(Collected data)
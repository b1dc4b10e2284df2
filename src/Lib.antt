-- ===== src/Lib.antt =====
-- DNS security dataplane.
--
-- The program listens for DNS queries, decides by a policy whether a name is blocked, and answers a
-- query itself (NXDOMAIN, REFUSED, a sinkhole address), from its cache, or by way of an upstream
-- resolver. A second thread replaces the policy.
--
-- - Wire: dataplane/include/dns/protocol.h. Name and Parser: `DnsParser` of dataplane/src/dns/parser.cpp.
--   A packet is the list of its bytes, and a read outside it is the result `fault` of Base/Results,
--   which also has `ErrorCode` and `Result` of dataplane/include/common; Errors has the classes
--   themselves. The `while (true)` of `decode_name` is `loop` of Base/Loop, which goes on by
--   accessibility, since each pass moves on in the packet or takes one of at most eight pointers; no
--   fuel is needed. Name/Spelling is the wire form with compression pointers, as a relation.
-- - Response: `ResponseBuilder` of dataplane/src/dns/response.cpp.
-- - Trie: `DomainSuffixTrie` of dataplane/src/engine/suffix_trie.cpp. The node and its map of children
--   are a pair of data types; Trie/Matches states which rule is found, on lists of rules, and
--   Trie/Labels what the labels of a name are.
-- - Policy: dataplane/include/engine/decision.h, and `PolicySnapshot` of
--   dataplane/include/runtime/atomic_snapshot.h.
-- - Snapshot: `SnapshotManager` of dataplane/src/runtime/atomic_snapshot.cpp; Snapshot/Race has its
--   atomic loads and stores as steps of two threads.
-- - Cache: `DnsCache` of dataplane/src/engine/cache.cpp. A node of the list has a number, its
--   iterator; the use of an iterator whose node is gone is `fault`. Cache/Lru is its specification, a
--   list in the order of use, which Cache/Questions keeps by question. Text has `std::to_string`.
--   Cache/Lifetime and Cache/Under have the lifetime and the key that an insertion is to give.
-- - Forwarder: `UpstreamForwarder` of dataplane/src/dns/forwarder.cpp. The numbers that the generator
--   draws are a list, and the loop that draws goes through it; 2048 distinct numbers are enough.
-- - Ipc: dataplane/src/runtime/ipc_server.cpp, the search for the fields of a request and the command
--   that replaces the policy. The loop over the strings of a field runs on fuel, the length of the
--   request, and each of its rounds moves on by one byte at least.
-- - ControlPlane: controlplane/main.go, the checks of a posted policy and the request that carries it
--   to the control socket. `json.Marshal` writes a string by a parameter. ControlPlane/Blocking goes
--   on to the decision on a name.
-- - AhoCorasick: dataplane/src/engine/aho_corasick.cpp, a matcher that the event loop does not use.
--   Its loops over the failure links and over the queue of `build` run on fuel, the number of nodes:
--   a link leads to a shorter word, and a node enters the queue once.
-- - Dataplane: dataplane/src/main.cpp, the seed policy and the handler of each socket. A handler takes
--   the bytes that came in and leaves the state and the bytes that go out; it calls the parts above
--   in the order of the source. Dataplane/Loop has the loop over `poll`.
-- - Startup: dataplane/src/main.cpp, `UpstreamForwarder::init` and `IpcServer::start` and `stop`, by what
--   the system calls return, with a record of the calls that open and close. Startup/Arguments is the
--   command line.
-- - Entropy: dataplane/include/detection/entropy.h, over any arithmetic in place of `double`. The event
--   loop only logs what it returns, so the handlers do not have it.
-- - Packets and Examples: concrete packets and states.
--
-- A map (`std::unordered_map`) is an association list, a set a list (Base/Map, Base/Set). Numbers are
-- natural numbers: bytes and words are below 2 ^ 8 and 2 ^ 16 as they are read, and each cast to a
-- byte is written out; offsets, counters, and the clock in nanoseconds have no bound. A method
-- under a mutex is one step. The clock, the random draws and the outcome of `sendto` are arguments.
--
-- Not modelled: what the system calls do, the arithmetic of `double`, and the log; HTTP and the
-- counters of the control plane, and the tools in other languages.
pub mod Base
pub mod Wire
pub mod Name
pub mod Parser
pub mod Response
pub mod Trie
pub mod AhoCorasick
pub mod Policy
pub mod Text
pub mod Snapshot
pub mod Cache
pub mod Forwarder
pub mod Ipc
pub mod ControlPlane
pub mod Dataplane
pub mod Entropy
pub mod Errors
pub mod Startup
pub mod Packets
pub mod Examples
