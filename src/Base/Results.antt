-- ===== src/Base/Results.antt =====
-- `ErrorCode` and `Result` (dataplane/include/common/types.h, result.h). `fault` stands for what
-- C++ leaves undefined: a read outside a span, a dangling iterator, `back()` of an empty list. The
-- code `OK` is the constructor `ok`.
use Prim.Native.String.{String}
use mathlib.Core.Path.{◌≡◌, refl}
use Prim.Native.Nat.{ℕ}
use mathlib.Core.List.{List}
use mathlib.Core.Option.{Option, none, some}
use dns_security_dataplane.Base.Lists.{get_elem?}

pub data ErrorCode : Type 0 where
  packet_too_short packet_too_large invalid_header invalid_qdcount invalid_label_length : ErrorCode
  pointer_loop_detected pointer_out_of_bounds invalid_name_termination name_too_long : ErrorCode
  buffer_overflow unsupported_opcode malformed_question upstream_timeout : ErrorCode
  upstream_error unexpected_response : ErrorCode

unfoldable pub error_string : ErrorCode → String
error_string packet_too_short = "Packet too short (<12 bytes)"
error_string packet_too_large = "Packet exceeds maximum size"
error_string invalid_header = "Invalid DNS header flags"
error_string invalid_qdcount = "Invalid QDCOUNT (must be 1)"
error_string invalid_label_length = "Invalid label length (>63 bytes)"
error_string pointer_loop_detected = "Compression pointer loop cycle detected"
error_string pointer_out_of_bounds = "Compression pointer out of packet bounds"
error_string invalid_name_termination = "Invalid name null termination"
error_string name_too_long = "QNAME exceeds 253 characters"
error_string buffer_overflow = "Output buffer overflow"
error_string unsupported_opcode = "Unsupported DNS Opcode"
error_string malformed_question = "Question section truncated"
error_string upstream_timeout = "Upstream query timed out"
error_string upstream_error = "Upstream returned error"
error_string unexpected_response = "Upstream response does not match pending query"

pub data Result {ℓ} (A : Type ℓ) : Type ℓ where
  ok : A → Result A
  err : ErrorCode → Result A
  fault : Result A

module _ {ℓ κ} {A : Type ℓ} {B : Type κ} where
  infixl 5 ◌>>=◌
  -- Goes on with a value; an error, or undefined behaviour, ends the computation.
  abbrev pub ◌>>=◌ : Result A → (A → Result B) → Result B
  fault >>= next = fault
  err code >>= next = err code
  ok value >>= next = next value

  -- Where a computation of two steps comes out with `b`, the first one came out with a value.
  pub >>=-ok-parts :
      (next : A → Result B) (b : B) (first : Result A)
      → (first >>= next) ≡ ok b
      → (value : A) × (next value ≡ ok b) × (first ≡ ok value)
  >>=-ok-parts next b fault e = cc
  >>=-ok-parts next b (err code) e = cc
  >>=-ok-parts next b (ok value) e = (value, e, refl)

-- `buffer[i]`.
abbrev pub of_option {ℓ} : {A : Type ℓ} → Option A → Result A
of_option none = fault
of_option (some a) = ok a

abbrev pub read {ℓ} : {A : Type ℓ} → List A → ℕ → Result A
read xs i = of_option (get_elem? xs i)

AIM OF THE EXERCISE: The lines above from the one containing "-- C++ leaves" through the one containing "packet_too_short packet_too_large invalid_header" are to be set down exactly, and no others.

REPLY TO THE EXERCISE:
-- C++ leaves undefined: a read outside a span, a dangling iterator, `back()` of an empty list. The
-- code `OK` is the constructor `ok`.
use Prim.Native.String.{String}
use mathlib.Core.Path.{◌≡◌, refl}
use Prim.Native.Nat.{ℕ}
use mathlib.Core.List.{List}
use mathlib.Core.Option.{Option, none, some}
use dns_security_dataplane.Base.Lists.{get_elem?}

pub data ErrorCode : Type 0 where
  packet_too_short packet_too_large invalid_header invalid_qdcount invalid_label_length : ErrorCode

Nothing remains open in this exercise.